I like to be objectified

I'm independent, I'm a feminist, but I like men to tell me I'm just a sex object

Topics: Sex, Since You Asked, Feminism, women,

I like to be objectified (Credit: Zach Trenholm/Salon)

Dear Cary,

I’m a young, vibrant woman. A feminist, you could even say. I’m the first to speak out against a womanizer or misogynist. I sign petitions and spread the news about anti-women politicians. I believe in women’s rights above anything else. I reject old ideas about gender roles or the customs surrounding them.

When I’m having sex, all I want is to be objectified.

It doesn’t make any sense. It isn’t as if I want a man I’m sleeping with to think I’m nothing more than something for him to use, but I do want him to tell me that. It’s puzzling because, like I said, I would classify myself as a feminist. It makes me upset to think I might be just like all the other women out there who allow themselves to be nothing more than an object for men.

But I can’t help what I want — even if I don’t really want it.

Why are my kinks so not in tune with the rest of my personality? I grew up feeling like the boys around me were all judging me in their heads, and that, for whatever reason, I wasn’t good enough for them. I constantly felt — and still feel, sometimes — like I’m not good enough for the men I want relationships with. Could that be why my sexual kinks are so off? I’m so sensitive to sexism that I think my view of men has become skewed.

Why am I so messed up when it comes to sex?

I Hate My Kinks

Dear Hater of Your Kinks,

This activity that you enjoy might have many meanings and purposes. It may be a form of play in which you embody your own powerlessness and thus deflate it. It may be a way of doing what you fear most in order to get over the fear. It may just get you hot. Whatever its meaning, I suggest you grant it an appropriate share of mystery, much as desire itself is largely mysterious. And if it seems dangerous and subversive and scary, then talk with other women.

Feminism did not begin as an orthodoxy to be followed. It began with women getting together to ask what the hell was going on — in their sex lives, at work, in their marriages and dating, in their dreams and private moments, with their children and families. They did not change the world by creating a code of conduct and following it. They changed the world by helping each other see themselves as they really were, and then saying, If this is the way we really are, then the world must change to accommodate us!



So I would say that your enemy is not yourself and your inclinations. Your enemy is orthodoxy. Your task is to face who you really are.

In the early years of feminism, women discovered, by talking honestly with each other, that they were deeply unhappy in their roles. They asked why, in this rich world, they should be so unhappy. They asked why they had certain self-images and beliefs about themselves. They asked why they were limiting themselves. They admitted the things that scared them and humiliated them and made them angry and baffled.

In figuring out why they were unhappy they found that in some cases the world really was against them. Massive forces were deliberately arrayed against their aspirations. In other cases they themselves had taken on beliefs that limited them. Most important, they asked, What the hell is going on and how can we change it?
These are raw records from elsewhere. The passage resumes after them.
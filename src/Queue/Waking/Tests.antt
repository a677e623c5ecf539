-- ===== src/Queue/Waking/Tests.antt =====
-- The maintenance goroutine at concrete inputs: it sleeps without a timer while a message is
-- enqueued and leased, which leaves it a token.
use stitch.Prelude.{◌≡◌, ◌⊎◌, refl, true, none, [], ◌∷◌}
use stitch.Prelude.Int.{pos}
use stitch.Queue.Message.{Config, Message, fifo}
use stitch.Queue.Live.{Queue, new_queue, dedup_hit, make_message, enqueue_reserve, enqueue_commit}
use stitch.Queue.Ops.{next_deadline}
use stitch.Queue.Invariant.Operations.{new_queue-Balanced}
use stitch.Queue.Interleaving.{Step}
use stitch.Queue.Waking.{Phase, Turn, Turns}
use stitch.Queue.Waking.Heeds.{due_times, missed}
use stitch.Queue.Waking.Alert.{no_lost_wakeup}

abbrev jobs : Config
jobs = record {
  name = "jobs";
  mode = fifo;
  priority = true;
  delay = true;
  visibility_timeout_ms = pos 1000;
  max_attempts = pos 3;
  dlq = true;
}

abbrev late : Message
late = make_message 100 "a" (1 ∷ []) (pos 3) (pos 9000000) "" (new_queue jobs)

abbrev reserved : Queue
reserved = enqueue_reserve late (next_deadline (new_queue jobs)).1

abbrev delayed_one : Queue
delayed_one = (enqueue_commit late none 101 reserved).1

asleep :
    Turns
      (record { world = record { queue = new_queue jobs; pending = [] }; phase = Phase.arming })
      (record { world = record { queue = delayed_one; pending = [] }; phase = Phase.sleeping 0 })
unfolding next_deadline dedup_hit enqueue_reserve make_message
asleep = Turns.turn _ _ _ (Turn.rearmed (new_queue jobs) []) (
    Turns.turn _ _ _
      (Turn.others _ _ (Phase.sleeping 0)
        (Step.enqueue_start 100 "a" (1 ∷ []) (pos 3) (pos 9000000) ""
          (next_deadline (new_queue jobs)).1 [] refl)
        refl)
      (Turns.turn _ _ _
        (Turn.others _ _ (Phase.sleeping 0) (Step.enqueue_end late none 101 reserved [] [] refl)
          refl)
        (Turns.stop _)))

no_lost_wakeup_example : (delayed_one.wake ≡ true) ⊎ (due_times (missed 0) delayed_one ≡ 0)
no_lost_wakeup_example =
    no_lost_wakeup (new_queue jobs) 0 (record { queue = delayed_one; pending = [] })
      (new_queue-Balanced jobs) refl asleep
Consciousness-raising begets revolution, which begets orthodoxy. Now some 40 years after the tumultuous and exciting 1970s, certain received notions have been canonized. The orthodoxy says you are supposed to be a confident, self-assured woman who enjoys sex with men who respect you and treat you with dignity. But this orthodoxy does not spring organically from the complex and contradictory mix of feelings and desires that is who you really are.

That is why I think that consciousness-raising is not a means to an end but an end in itself: Because our consciousness will be always changing, we must always be inquiring of ourselves, Who are we and what do we need?

Orthodoxies calcify. They must periodically be overturned. You must always be overturning orthodoxies, always be questioning when things don’t feel right, what is going on, why you feel uneasy around certain people, why life feels like slavery, why you feel you are being lied to, why you sense that you are being manipulated or that power is being used against you in a way that you can only dimly perceive. Always be questioning these things, because they are real. The world is manipulating you all the time; it is always deploying force against you. You know this to be true, at least in some dim way. The task of consciousness raising is to bring these dim fragments of consciousness to light and by sharing them with others build them into a pattern that finally makes sense: Aha! We’re being oppressed and manipulated so we can be sold to!

Once women were a source of free labor and were being exploited that way. Now women are exploited because women are a market.

Every act against orthodoxy is subversive. Every contradiction you admit empowers you to be more fully who you are, without apology or explanation; every time you honor the mystery of who you are, you weaken authoritarian rule and create more space for the individual in all her contradiction and whimsy and intrigue.

All orthodoxy is enslaving. Liberal orthodoxy, communist orthodoxy, feminist orthodoxy, Freudian orthodoxy, right-wing orthodoxy, Cary Tennis orthodoxy, self-discovery orthodoxy, therapeutic orthodoxy, the orthodoxy of I care so much about you, the orthodoxy of Jungian archetypes.

Self-discovery is perpetual revolution.

Your enemy is not yourself and your inclinations. Your enemy is orthodoxy.